**Data supplied:**
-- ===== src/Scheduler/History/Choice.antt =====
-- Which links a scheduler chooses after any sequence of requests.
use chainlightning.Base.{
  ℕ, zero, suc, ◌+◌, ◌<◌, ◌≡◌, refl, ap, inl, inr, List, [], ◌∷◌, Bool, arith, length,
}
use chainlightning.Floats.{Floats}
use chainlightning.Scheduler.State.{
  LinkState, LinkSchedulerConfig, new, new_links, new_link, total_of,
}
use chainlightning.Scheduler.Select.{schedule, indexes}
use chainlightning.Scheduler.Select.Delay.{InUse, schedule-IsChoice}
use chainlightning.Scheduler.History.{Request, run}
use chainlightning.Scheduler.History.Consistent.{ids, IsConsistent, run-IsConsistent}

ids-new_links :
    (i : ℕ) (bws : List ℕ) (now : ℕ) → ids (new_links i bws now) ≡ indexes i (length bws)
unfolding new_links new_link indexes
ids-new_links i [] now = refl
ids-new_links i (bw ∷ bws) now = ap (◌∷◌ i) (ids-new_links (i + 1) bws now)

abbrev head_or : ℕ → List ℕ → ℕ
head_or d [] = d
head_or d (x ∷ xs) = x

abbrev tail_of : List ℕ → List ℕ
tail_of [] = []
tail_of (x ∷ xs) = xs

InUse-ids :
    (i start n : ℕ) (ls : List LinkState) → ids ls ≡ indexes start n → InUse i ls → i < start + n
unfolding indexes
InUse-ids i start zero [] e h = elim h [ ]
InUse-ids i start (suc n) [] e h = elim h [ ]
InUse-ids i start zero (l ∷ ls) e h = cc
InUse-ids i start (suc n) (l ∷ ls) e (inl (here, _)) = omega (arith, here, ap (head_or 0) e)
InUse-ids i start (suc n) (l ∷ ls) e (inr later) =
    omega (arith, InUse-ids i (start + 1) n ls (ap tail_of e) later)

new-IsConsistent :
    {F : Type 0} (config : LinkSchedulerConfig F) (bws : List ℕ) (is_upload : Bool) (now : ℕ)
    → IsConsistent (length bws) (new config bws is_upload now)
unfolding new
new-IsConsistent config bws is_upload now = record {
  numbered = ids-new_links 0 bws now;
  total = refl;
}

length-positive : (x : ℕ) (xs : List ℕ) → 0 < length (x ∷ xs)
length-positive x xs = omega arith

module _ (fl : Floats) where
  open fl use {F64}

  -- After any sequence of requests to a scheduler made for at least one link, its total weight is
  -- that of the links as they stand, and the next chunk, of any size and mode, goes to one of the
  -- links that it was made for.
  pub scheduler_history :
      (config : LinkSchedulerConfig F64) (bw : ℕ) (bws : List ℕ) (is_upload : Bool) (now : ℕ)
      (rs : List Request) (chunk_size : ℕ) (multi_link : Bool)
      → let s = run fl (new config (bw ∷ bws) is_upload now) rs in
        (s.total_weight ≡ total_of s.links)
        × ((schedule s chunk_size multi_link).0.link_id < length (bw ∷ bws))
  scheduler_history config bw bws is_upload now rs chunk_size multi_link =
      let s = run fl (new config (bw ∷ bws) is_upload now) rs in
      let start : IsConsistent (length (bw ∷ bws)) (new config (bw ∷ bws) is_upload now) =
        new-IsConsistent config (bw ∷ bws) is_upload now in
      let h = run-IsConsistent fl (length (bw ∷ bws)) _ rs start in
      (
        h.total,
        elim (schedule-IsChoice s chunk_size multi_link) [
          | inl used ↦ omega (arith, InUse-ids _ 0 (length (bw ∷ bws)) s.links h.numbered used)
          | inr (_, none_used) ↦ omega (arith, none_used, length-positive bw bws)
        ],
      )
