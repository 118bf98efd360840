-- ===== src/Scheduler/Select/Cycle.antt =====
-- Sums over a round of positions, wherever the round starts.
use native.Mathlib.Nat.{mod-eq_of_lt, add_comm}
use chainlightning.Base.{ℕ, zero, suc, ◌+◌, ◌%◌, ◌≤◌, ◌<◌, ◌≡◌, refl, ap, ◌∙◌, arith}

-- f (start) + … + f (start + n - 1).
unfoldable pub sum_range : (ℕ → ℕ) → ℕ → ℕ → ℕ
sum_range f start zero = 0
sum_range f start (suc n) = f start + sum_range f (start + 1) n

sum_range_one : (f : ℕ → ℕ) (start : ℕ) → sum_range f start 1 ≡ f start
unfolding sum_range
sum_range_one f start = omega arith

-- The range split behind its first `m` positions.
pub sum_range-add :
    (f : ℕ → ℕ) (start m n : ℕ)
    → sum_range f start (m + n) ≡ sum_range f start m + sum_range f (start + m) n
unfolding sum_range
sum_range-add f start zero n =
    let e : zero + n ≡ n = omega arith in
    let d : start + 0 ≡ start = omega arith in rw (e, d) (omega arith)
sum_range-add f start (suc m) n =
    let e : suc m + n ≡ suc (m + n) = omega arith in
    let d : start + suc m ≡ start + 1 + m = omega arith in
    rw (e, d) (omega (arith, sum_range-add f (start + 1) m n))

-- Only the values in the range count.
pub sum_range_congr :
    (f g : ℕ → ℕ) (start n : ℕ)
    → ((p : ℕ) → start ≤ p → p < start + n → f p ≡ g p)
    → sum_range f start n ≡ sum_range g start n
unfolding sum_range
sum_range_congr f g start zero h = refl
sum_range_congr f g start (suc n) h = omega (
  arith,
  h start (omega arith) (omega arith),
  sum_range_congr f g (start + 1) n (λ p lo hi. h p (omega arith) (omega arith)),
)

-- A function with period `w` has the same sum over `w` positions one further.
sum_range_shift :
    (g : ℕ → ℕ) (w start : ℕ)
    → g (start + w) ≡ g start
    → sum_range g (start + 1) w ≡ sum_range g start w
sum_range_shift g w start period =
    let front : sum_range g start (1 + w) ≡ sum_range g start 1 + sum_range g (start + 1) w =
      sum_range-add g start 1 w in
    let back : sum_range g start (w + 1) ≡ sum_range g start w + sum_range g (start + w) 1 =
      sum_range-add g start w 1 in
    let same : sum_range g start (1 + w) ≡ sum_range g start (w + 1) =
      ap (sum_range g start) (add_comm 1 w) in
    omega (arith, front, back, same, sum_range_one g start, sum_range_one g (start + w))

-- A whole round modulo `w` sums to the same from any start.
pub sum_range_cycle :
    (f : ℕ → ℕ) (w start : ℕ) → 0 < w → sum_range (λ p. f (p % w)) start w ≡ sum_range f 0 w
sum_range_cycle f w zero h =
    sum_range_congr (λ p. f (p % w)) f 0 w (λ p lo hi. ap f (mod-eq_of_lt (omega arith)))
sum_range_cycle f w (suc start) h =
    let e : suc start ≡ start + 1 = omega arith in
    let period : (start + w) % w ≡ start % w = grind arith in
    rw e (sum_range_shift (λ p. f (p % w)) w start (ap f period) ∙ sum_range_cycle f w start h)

**What you should do:**
Every line above that holds the word "Select" is to be found and copied.

**Final answer:**
use chainlightning.Scheduler.Select.{schedule, indexes}
use chainlightning.Scheduler.Select.Delay.{InUse, schedule-IsChoice}
-- ===== src/Scheduler/Select/Cycle.antt =====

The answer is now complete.